A typical workflow is as follows: Agent A discovers a service provider through the ERC-8004 identity registry, filters the reputation registry to select high-scoring Agent B, completes payment with x402, and after the task is finished, attaches the payment record along with reputation feedback - the payment history becomes a credit anchor. This chain is what Cambrian Network refers to as the 'Agent economy operating system': payment + identity + reputation, three layers in one.
How deep is the water here?
The data looks good, but there are a few things to clarify.
Tokens and protocols are two different things.
The market cap of the x402 ecosystem token once surpassed 9 billion USD on CoinGecko, with daily trading volume exceeding 230 million USD. However, a large number of 'x402 concept coins' are Meme tokens that have no substantial ties to the protocol itself. Buying x402-related Tokens does not equate to buying into the growth of the x402 protocol. This market has always excelled at mixing narrative and reality, and this time is no exception.
Technical risks have not yet been resolved.
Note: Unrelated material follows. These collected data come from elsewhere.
-- ===== src/Scan/Contract.antt =====
-- The contract of a scan on failures of engines, and its events.
use devdiag.Scan.Told.{
  count-observed, found, is_added, Fed, sum-eq, count-emitted, with_findings-Fed, nothing-Fed,
  run_m6-Fed, run_m8-Fed,
}
use mathlib.Core.List.{map-append}
use devdiag.Base.{
  ◌&&◌, is_some, if◌then◌else◌, String, List, [], ◌∷◌, ◌++◌, none, some, Bool, true, false, ◌||◌,
  not, ◌=ₛ◌, is_blank, length, map, count, ◌≡◌, ◌⊎◌, inl, inr, refl, arith, Bool-cases,
  count-append, ap, ◌∙◌,
}
use devdiag.Schema.{Finding, Report}
use devdiag.Findings.{add}
use devdiag.Scan.{
  evaluated_event, Event, EventType, scan_completed, scan_failed, ScanOptions, Evaluation,
  evaluated, engine_error, RulePackResult, ScannerDeps, ScanError, ScanOutcome, failed_event,
  completed_event, emitted,
}
use devdiag.Scan.Scanner.{
  Progress, failed_scan, report_of, complete, run_pack, after_engines, after_m1, scan,
}

abbrev pub has_failed : Evaluation → Bool
has_failed (evaluated fs) = false
has_failed (engine_error text) = true

-- the findings of all that is to be run and does not fail
abbrev pub pack_findings : {S : Type 0} → ScannerDeps S → ScanOptions → List Finding
pack_findings deps opts =
    if is_blank opts.rule_pack_path
    then []
    else (deps.rule_pack opts.rule_pack_path (deps.build deps.results)).findings

abbrev pub contributed : {S : Type 0} → ScannerDeps S → ScanOptions → List Finding
contributed deps opts =
    let snapshot = deps.build deps.results in
    found (deps.m1 snapshot)
    ++ (if opts.profile =ₛ "ai-ml" then found (deps.m6 snapshot) else [])
    ++ (if deps.signals.has_ci || opts.ci then found (deps.m8 snapshot) else [])
    ++ pack_findings deps opts

abbrev pub bad_pack : {S : Type 0} → ScannerDeps S → ScanOptions → Bool
bad_pack deps opts =
    not (is_blank opts.rule_pack_path)
    && not (deps.rule_pack opts.rule_pack_path (deps.build deps.results)).valid

-- a scan fails where the core engine does, or the rule pack is not valid
abbrev pub must_fail : {S : Type 0} → ScannerDeps S → ScanOptions → Bool
must_fail deps opts = has_failed (deps.m1 (deps.build deps.results)) || bad_pack deps opts

abbrev pub EndsWith : EventType → List Event → Type 0
EndsWith type events =
    (before : List Event) × (last : Event) × (events ≡ before ++ last ∷ []) × (last.type ≡ type)

abbrev pub IsFailed : ScanOutcome → Type 0
IsFailed out = (out.report ≡ none) × (is_some out.error ≡ true) × EndsWith scan_failed out.events

abbrev pub IsReported : List Finding → ScanOutcome → Type 0
IsReported fs out =
    (r : Report) × (out.report ≡ some r)
    × (out.error ≡ none)
    × (r.findings ≡ add fs)
    × (count is_added out.events ≡ length fs)
    × EndsWith scan_completed out.events

module _ {S : Type 0} (deps : ScannerDeps S) (opts : ScanOptions) where
  last-emitted :
      (es : List Event) (e : Event) → EndsWith e.type (map (emitted deps opts) (es ++ e ∷ []))
  unfolding emitted
  last-emitted es e = (
    map (emitted deps opts) es,
    emitted deps opts e,
    map-append (emitted deps opts) es (e ∷ []),
    refl,
  )

  complete-IsReported :
      (s : Progress) (xs : List Finding) → Fed s xs → IsReported xs (complete deps opts s)
  unfolding complete report_of
  complete-IsReported s xs (p, q) = (
    report_of deps opts s,
    refl,
    refl,
    ap add p,
    count-emitted deps opts (s.events ++ completed_event (add s.findings) ∷ [])
        ∙ count-append is_added s.events (completed_event (add s.findings) ∷ [])
        ∙ sum-eq q refl (omega arith),
    last-emitted s.events (completed_event (add s.findings)),
  )

  failed_scan-IsFailed :
      (s : Progress) (error : ScanError) (text : String)
      → IsFailed (failed_scan deps opts s error text)
  unfolding failed_scan
  failed_scan-IsFailed s error text = (refl, refl, last-emitted s.events (failed_event text))

  abbrev IsJudged : Bool → List Finding → ScanOutcome → Type 0
  IsJudged fails fs out = ((fails ≡ true) × IsFailed out) ⊎ ((fails ≡ false) × IsReported fs out)

  run_pack-IsJudged :
      (eval : RulePackResult) (s : Progress) (xs : List Finding)
      → Fed s xs
      → IsJudged (not eval.valid) (xs ++ eval.findings) (run_pack deps opts eval s)
  unfolding run_pack
  run_pack-IsJudged eval s xs h = elim (Bool-cases eval.valid) [
    | inl e ↦ simp e (
        inr (
          refl,
          complete-IsReported _ (xs ++ eval.findings) (
              with_findings-Fed deps opts s (evaluated_event "rulepack" "rule pack" eval.findings)
                xs eval.findings refl h),
        ))
    | inr e ↦ simp e (inl (refl, failed_scan-IsFailed s _ _))
  ]

  after_engines-IsJudged :
      (s : Progress) (xs : List Finding)
      → Fed s xs
      → IsJudged
          (bad_pack deps opts)
          (xs ++ pack_findings deps opts)
          (after_engines deps opts (deps.build deps.results) s)
  unfolding after_engines
  after_engines-IsJudged s xs h = elim (Bool-cases (is_blank opts.rule_pack_path)) [
    | inl e ↦ simp e (inr (refl, complete-IsReported s (xs ++ []) (nothing-Fed deps opts s xs h)))
    | inr e ↦
        simp e
          (run_pack-IsJudged (deps.rule_pack opts.rule_pack_path (deps.build deps.results)) s xs h)
  ]

  after_m1-IsJudged :
      (v : Evaluation) (s : Progress)
      → Fed s []
      → IsJudged
          (has_failed v || bad_pack deps opts)
          (found v
            ++ (if opts.profile =ₛ "ai-ml" then found (deps.m6 (deps.build deps.results)) else [])
            ++ (if deps.signals.has_ci || opts.ci
                then found (deps.m8 (deps.build deps.results))
                else [])
            ++ pack_findings deps opts)
          (after_m1 deps opts (deps.build deps.results) v s)
  unfolding after_m1
  after_m1-IsJudged (engine_error text) s h = inl (refl, failed_scan-IsFailed s _ _)
  after_m1-IsJudged (evaluated fs) s h = after_engines-IsJudged _ _ (
      run_m8-Fed deps opts _ (deps.build deps.results) _ (
        run_m6-Fed deps opts _ (deps.build deps.results) fs
          (with_findings-Fed deps opts s (evaluated_event "m1" "M1 engine" fs) [] fs refl h)))

-- A scan fails exactly where the M1 engine fails or a rule pack is asked for and not valid. A failed
-- scan has no report, an error, and ends with the event of a failed scan. Otherwise, whatever M6 and M8
-- do, it has no error and a report whose findings are the aggregate of those of M1, of M6 where the
-- profile is ai-ml, of M8 where the repository has CI or it is asked for, and of the rule pack, where an
-- engine that fails gives none; as many finding events are told as there are findings to aggregate, and
-- the last event is that of a completed scan.
pub scan_lem :
    {S : Type 0} (deps : ScannerDeps S) (opts : ScanOptions)
    → ((must_fail deps opts ≡ true) × IsFailed (scan deps opts))
      ⊎ ((must_fail deps opts ≡ false) × IsReported (contributed deps opts) (scan deps opts))
unfolding scan
scan_lem deps opts =
    after_m1-IsJudged deps opts (deps.m1 (deps.build deps.results)) _
      (refl, count-observed deps.observed)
The EIP-712 signature mechanism of x402 requires continuous security audits. The ERC-8004 reputation registry faces threats of Sybil attacks - mass registration of fake identities, and the existing economic incentive mechanisms are still inadequate. There is economic tension between high-frequency micropayments (each 0.0001 USD) and L2 transaction fees (which can still reach 0.05 USD), as very small transactions can still be consumed by fees at this stage.
The protocol war is not over yet.
x402, Google’s AP2, and a16z's ACP coexist as three protocols. If developers split between these three standards, the network effects will be significantly diminished. Moreover, OpenAI and Anthropic can completely bypass on-chain protocols to build their own closed-loop payment systems - they have users, data, and scale advantages, which pose competitive pressure that x402 cannot ignore.
Regulatory aspects are another blank space. Who is the transaction subject in a payment autonomously initiated by an AI Agent? Where is the trigger point for KYC/AML responsibilities? No major jurisdiction has provided a definitive answer.
Summary
Someone once wrote a quote that fits well here: "The inscriptions of 2023 allow humanity to engrave value on-chain; the x402 of 2025 enables machines to autonomously pay for value online for the first time."
If HTTP connected global computers into an information network, the combination of x402 and ERC-8004 attempts to link billions of Agents into an open service and data market - no accounts needed, no approval required, one request, one payment, one result.
However, whether the protocol can win in fragmented competition, whether the trust mechanism can truly improve, and whether the Agent economy can transition from Demo to real business... these remain unresolved cases.
Before the narrative takes root, distinguishing between the 'value of the protocol' and the 'Tokens speculated around the protocol' may be the most important thing for each participant to clarify.